Water
Because of its ubiquitous nature, water, stands out as a pertinent necessity for life. Virtually every single cell requires water for nourishment and for elimination of toxic substances. To perform such life dependent duties, water is endowed with exceptionally unique properties; properties that range from its heat and electrical conductivities, anomalous expansion to its density, viscosity and most importantly its impeccable dielectric strength in addition to its polarity that gives it the ability to dissolve a plethora of compounds that cannot be dissolved by other solvents.
One of the most significant unique properties of water is its polarity. Water is a polar solvent attributed to it is high electro-negativity that comes as a result of oxygen having the ability to pull more electrons to itself than hydrogen giving water a permanent dipole moment (Pauling, 1988). The dipole moment of water is responsible for its high dielectric constant of about 80 at room temperature (Pauling, 1988). All these jointly account for the ability of water to dissolve a variety of ionic substances (Pauling, 1988). Because of its ability to dissolve many substances, water enables plant and animal to transport mineral salts essential for their survival.

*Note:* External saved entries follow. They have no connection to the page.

-- ===== src/Sha/Sha1/Final.antt =====
-- generic/sha1.c: SHA1Final, and generic/lsha.c: the hexadecimal digest.
pub mod Digest
use e2factory.Common.{
  ℕ, zero, suc, ◌+◌, ◌-◌, ◌*◌, ◌/◌, ◌%◌, ◌^◌, bit_and, Option, none, some, List, [], ◌∷◌, ◌++◌,
  Bytes, ltb, ◌==◌, if◌then◌else◌, length, take, drop, replicate, String, codes, get_or,
}
use e2factory.Sha.Words.{u32, be32}
use e2factory.Sha.Sha1.{Regs, Context, transform}
use e2factory.Sha.Sha1.Update.{update}

abbrev pub byte_80 : Bytes
byte_80 = 0x80 ∷ []

abbrev pub byte_00 : Bytes
byte_00 = 0x00 ∷ []

-- `while ((context->count[0] & 504) != 448) SHA1Update(context, "\0", 1);`
unfoldable pub pad_zeros : ℕ → Context → Option Context
pad_zeros zero context = none
pad_zeros (suc fuel) context =
    let more : Option Context = elim (update context byte_00 1) [
      | none ↦ none
      | some next ↦ pad_zeros fuel next
    ] in
    if bit_and context.count0 504 == 448 then some context else more

-- `digest`, the state with the most significant bytes first.
unfoldable pub digest_of : Regs → Bytes
digest_of st = be32 st.a ++ (be32 st.b ++ (be32 st.c ++ (be32 st.d ++ be32 st.e)))

abbrev pub zero_regs : Regs
zero_regs = record { a = 0; b = 0; c = 0; d = 0; e = 0 }

-- The context is wiped, and the transform run once more over it.
unfoldable pub wiped : Context
wiped = record {
  state = transform zero_regs (replicate 64 0);
  count0 = 0;
  count1 = 0;
  buffer = replicate 64 0;
}

-- SHA1Final. The loop needs at most 64 rounds.
unfoldable pub final : Context → Option (Bytes × Context)
final context =
    let finalcount = be32 context.count1 ++ be32 context.count0 in
    elim (update context byte_80 1) [
      | none ↦ none
      | some marked ↦ elim (pad_zeros 65 marked) [
        | none ↦ none
        | some padded ↦ elim (update padded finalcount 8) [
          | none ↦ none
          | some done ↦ some (digest_of done.state, wiped)
        ]
      ]
    ]

abbrev hexdigits : Bytes
hexdigits = codes "0123456789abcdef"

-- The loop of `lsha1_final` over the digest.
unfoldable pub hex_of : Bytes → Bytes
hex_of [] = []
hex_of (x ∷ xs) =
    get_or hexdigits (bit_and x 0xf0 / 16) 0 ∷ get_or hexdigits (bit_and x 0x0f) 0 ∷ hex_of xs
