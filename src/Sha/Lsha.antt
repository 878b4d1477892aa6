-- ===== src/Sha/Lsha.antt =====
-- generic/lsha.c: the functions for Lua, those of SHA-1 here and those of SHA-256 in `Long`. The
-- context lives in a userdata; an argument is `none` where Lua's checks of its type raise an
-- error, with a message of Lua's own.
pub mod Runs
pub mod Long
use e2factory.Common.{
  ℕ, ◌-◌, ◌^◌, Option, none, some, List, [], ◌∷◌, Bytes, ltb, if◌then◌else◌, length, codes, String,
}
use e2factory.Sha.Sha1.{Context, init}
use e2factory.Sha.Sha1.Update.{update}
use e2factory.Sha.Sha1.Final.{final, hex_of}

-- `fault` is what C leaves undefined: a write past the end of the buffer.
pub data Reply (A : Type 0) : Type 0 where
  done : A → Reply A
  error : Bytes → Reply A
  fault : Reply A

-- UINT_MAX of <limits.h>
abbrev pub uint_max : ℕ
uint_max = 2 ^ 32 - 1

abbrev pub or_fault {ℓ} : {A : Type ℓ} {B : Type 0} → Option A → (A → Reply B) → Reply B
or_fault none f = fault
or_fault (some a) f = f a

-- The context is set up in fresh memory.
unfoldable pub lsha1_init : Context → Context
lsha1_init memory = init memory

module _ (argerror : ℕ → Bytes) where
  abbrev pub or_argerror : {A B : Type 0} → ℕ → Option A → (A → Reply B) → Reply B
  or_argerror i none f = error (argerror i)
  or_argerror i (some a) f = f a

  unfoldable pub lsha1_update : Option Context → Option Bytes → Reply Context
  lsha1_update ctx text = or_argerror 1 ctx λ c. or_argerror 2 text λ input.
      if ltb uint_max (length input)
      then error (codes "sha1_update: data exceeds UINT_MAX")
      else or_fault (update c input (length input)) done

  -- The digest in hexadecimal, and the context as it is left.
  unfoldable pub lsha1_final : Option Context → Reply (Bytes × Context)
  lsha1_final ctx = or_argerror 1 ctx λ c. or_fault (final c) λ r. done (hex_of r.0, r.1)
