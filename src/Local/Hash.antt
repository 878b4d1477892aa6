-- ===== src/Local/Hash.antt =====
-- local/hash.lua: the hash context that the identities of builds are computed with. It gathers what
-- is appended and hands it to the functions of generic/lsha.c in pieces of 64 KB and more.
-- Appending changes the context in place, which is the context returned here.
pub mod Digest
use e2factory.Common.{ℕ, Option, none, some, List, [], ◌∷◌, ◌++◌, Bytes, length, leb, if◌then◌else◌}
use e2factory.Sha.Sha1.{Context}
use e2factory.Sha.Lsha.{Reply, done, error, fault, lsha1_init, lsha1_update, lsha1_final}

-- The fields are `none` when they are nil.
pub record HashContext : Type 0 where
  pub text : Option Bytes
  pub ctx : Option Context

infixl 5 ◌>>=◌
abbrev pub ◌>>=◌ : {A B : Type 0} → Reply A → (A → Reply B) → Reply B
done a >>= f = f a
error msg >>= f = error msg
fault >>= f = fault

unfoldable pub hash_start : Context → HashContext
unfolding lsha1_init
hash_start memory = record { text = some []; ctx = some (lsha1_init memory) }

-- `argerror` is what Lua reports of an argument of the wrong type, `assertion` what `assert` does.
module _ (argerror : ℕ → Bytes) (assertion : Bytes) where
  unfoldable pub append_text : HashContext → Bytes → Reply HashContext
  append_text hc text =
      if leb 65536 (length text)
      then (do
        ctx ← lsha1_update argerror hc.ctx (some text)
        done record { text = some []; ctx = some ctx })
      else done (record hc { text = some text })

  unfoldable pub hash_append : HashContext → Bytes → Reply HashContext
  unfolding append_text
  hash_append hc input = elim hc.text [
    | none ↦ error assertion
    | some text ↦ elim hc.ctx [ none ↦ error assertion | some ctx ↦ append_text hc (text ++ input) ]
  ]

  unfoldable pub hash_line : HashContext → Bytes → Reply HashContext
  unfolding hash_append
  hash_line hc input = hash_append hc (input ++ b'\n' ∷ [])

  -- The checksum, and the context as it is left.
  unfoldable pub hash_finish : HashContext → Reply (Bytes × HashContext)
  hash_finish hc = do
    ctx ← lsha1_update argerror hc.ctx hc.text
    final ← lsha1_final argerror (some ctx)
    done (final.0, record { text = none; ctx = none })
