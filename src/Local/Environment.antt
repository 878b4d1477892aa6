-- ===== src/Local/Environment.antt =====
-- local/environment.lua: the variables of a build. A table of Lua is the list of its pairs, each
-- key once, in the order in which `pairs` visits them; that order is nowhere promised.
pub mod Laws
pub mod Identity
use e2factory.Common.{
  ℕ, ◌+◌, Bool, true, false, ◌||◌, Option, none, some, List, [], ◌∷◌, ◌++◌, Bytes, map, codes,
  String, bytes_eq, if◌then◌else◌,
}
use e2factory.Common.Sorting.{table_sort}
use e2factory.Sha.Sha1.{Context}
use e2factory.Sha.Lsha.{Reply, done, error}
use e2factory.Local.Hash.{HashContext, ◌>>=◌, hash_start, hash_append, hash_finish}
use e2factory.Local.Tables.{Dict, get, put, keys, is_nil}

pub record Environment : Type 0 where
  pub seqid : ℕ
  pub dict : Dict

-- The second part is `environment_seqid` for the next call.
unfoldable pub new : ℕ → Environment × ℕ
new environment_seqid = (record { seqid = environment_seqid; dict = [] }, environment_seqid + 1)

-- `none`: the assertion that `var` is not empty fails.
unfoldable pub set : Environment → Bytes → Bytes → Option Environment
set env [] val = none
set env (c ∷ var) val = some (record env { dict = put env.dict (c ∷ var) val })

-- The loop of `merge` over the pairs that `merge` has.
unfoldable pub merge_from : Dict → Dict → Bool → Dict
unfolding is_nil
merge_from dict [] override = dict
merge_from dict ((var, val) ∷ rest) override =
    merge_from (if is_nil (get dict var) || override then put dict var val else dict) rest override

unfoldable pub merge : Environment → Environment → Bool → Environment
unfolding merge_from
merge env other override = record env { dict = merge_from env.dict other.dict override }

-- What the iterator returns: a key, and what the table holds there, `none` for nil.
unfoldable pub iter : Environment → List (Bytes × Option Bytes)
iter env = map (λ var. (var, get env.dict var)) (table_sort (keys env.dict))

-- `dict[var] = val`; to assign nil to a new key leaves the table as it is.
unfoldable pub assign : Dict → Bytes → Option Bytes → Dict
assign dict var none = dict
assign dict var (some val) = put dict var val

-- The loop of `get_dict`.
unfoldable pub copied : Dict → List (Bytes × Option Bytes) → Dict
unfolding assign
copied dict [] = dict
copied dict ((var, val) ∷ rest) = copied (assign dict var val) rest

unfoldable pub get_dict : Environment → Dict
unfolding iter copied
get_dict env = copied [] (iter env)

module _ (argerror : ℕ → Bytes) (assertion concat_nil : Bytes) where
  -- The body of the loop of `envid`; `var .. nil` raises an error.
  unfoldable pub hash_pair : HashContext → Bytes → Option Bytes → Reply HashContext
  hash_pair hc var none = error concat_nil
  hash_pair hc var (some val) = hash_append argerror assertion hc (var ++ val)

  unfoldable pub hash_pairs : HashContext → List (Bytes × Option Bytes) → Reply HashContext
  unfolding hash_pair
  hash_pairs hc [] = done hc
  hash_pairs hc ((var, val) ∷ rest) = hash_pair hc var val >>= λ next. hash_pairs next rest

  -- `memory` is what the new hash context holds.
  unfoldable pub envid : Context → Environment → Reply Bytes
  unfolding hash_pairs
  envid memory env = do
    hc ← hash_pairs (hash_start memory) (iter env)
    final ← hash_finish argerror assertion hc
    done final.0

The specific heat- a measure of a material's thermal insensitivity- of water is another anecdotal property of water that makes it a vital component of plant and animal life. Water has an unusually high specific heat. Even though specific heat is known to vary with temperature, the specific heat of water only varies by about 1% within a temperature range of 0oC to 100oC. The high specific heat of water means a lot of heat is require to raise the temperature of water by one degree Celsius. In the same way, a lot of heat has to be removed from a water sample to reduce its temperature by one degree Celsius. Closely related to the high specific heat of water is its anomalous expansion. Water expands anomaly attaining a maximum density at a temperature of about 4oC on cooling after which the density begins to fall with further cooling (Pauling, 1988). This property is immensely useful in the preservation of aquatic life.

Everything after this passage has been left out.